» PROVIDED RECORDS
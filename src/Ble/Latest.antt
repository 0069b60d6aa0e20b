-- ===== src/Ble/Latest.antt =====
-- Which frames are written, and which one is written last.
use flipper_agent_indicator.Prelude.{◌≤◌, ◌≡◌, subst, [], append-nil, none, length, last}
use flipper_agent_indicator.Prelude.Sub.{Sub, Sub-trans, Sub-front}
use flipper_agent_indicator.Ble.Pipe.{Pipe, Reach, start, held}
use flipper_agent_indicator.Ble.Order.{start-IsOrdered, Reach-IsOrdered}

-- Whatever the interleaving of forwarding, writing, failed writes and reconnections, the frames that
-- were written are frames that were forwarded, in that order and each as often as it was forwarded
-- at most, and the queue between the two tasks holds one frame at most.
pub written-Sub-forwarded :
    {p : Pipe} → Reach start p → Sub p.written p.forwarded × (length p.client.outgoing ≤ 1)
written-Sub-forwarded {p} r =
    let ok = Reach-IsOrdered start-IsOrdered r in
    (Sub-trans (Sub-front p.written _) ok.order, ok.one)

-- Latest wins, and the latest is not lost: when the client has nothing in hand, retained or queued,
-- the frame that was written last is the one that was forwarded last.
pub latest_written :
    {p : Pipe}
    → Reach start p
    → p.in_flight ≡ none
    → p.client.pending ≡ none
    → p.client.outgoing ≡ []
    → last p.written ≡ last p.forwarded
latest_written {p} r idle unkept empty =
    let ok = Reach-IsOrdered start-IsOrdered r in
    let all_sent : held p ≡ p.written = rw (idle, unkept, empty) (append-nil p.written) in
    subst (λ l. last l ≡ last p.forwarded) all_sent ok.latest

---

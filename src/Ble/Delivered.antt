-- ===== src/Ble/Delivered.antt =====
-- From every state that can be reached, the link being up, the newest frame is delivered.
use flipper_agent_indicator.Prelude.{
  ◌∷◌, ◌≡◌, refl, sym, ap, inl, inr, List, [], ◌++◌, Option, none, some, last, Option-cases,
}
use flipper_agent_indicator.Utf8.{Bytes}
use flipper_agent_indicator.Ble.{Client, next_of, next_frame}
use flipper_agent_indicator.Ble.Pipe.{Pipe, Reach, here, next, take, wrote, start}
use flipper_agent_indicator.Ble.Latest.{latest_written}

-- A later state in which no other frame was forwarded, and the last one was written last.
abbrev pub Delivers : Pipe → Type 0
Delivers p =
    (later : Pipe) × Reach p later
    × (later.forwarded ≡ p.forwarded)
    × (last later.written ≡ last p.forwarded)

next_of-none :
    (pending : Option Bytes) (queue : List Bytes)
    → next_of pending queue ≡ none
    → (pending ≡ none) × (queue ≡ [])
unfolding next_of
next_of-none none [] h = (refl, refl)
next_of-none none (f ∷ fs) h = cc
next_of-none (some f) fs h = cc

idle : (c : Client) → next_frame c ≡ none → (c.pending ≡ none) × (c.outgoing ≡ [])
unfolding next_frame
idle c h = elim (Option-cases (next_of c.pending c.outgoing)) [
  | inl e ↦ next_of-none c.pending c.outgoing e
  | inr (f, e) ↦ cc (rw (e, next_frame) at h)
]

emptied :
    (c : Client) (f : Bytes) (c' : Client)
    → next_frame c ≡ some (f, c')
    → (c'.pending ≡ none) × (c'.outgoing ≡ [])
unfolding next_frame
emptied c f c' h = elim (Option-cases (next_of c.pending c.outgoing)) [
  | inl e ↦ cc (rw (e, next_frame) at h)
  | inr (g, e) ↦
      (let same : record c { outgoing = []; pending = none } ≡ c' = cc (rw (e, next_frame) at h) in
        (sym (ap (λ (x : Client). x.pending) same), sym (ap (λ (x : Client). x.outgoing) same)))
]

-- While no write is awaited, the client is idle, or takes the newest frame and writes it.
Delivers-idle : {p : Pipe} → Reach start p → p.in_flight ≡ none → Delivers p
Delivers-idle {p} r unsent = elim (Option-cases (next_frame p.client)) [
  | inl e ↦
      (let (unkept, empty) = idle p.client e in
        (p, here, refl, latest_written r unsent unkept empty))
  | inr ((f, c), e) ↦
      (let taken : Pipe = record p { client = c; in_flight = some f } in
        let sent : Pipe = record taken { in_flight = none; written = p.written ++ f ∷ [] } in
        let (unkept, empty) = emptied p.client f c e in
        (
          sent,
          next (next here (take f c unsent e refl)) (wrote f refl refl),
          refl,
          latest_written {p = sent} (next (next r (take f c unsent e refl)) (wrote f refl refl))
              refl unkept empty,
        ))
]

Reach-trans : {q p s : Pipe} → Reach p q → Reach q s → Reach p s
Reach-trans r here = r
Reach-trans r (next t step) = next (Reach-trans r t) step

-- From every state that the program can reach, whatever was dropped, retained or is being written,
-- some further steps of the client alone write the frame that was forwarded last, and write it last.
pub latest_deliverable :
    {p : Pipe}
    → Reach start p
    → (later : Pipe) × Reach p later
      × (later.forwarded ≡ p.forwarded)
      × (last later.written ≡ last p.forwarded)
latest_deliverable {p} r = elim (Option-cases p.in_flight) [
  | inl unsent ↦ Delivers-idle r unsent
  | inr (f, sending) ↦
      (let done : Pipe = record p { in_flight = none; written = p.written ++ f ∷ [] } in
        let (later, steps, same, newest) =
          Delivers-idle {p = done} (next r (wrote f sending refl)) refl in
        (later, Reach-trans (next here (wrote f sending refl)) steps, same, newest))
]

» ACTION ITEM
Go over the data above and copy every line that has the word "append" in it.

» ANSWER BOX
use flipper_agent_indicator.Prelude.{◌≤◌, ◌≡◌, subst, [], append-nil, none, length, last}
    let all_sent : held p ≡ p.written = rw (idle, unkept, empty) (append-nil p.written) in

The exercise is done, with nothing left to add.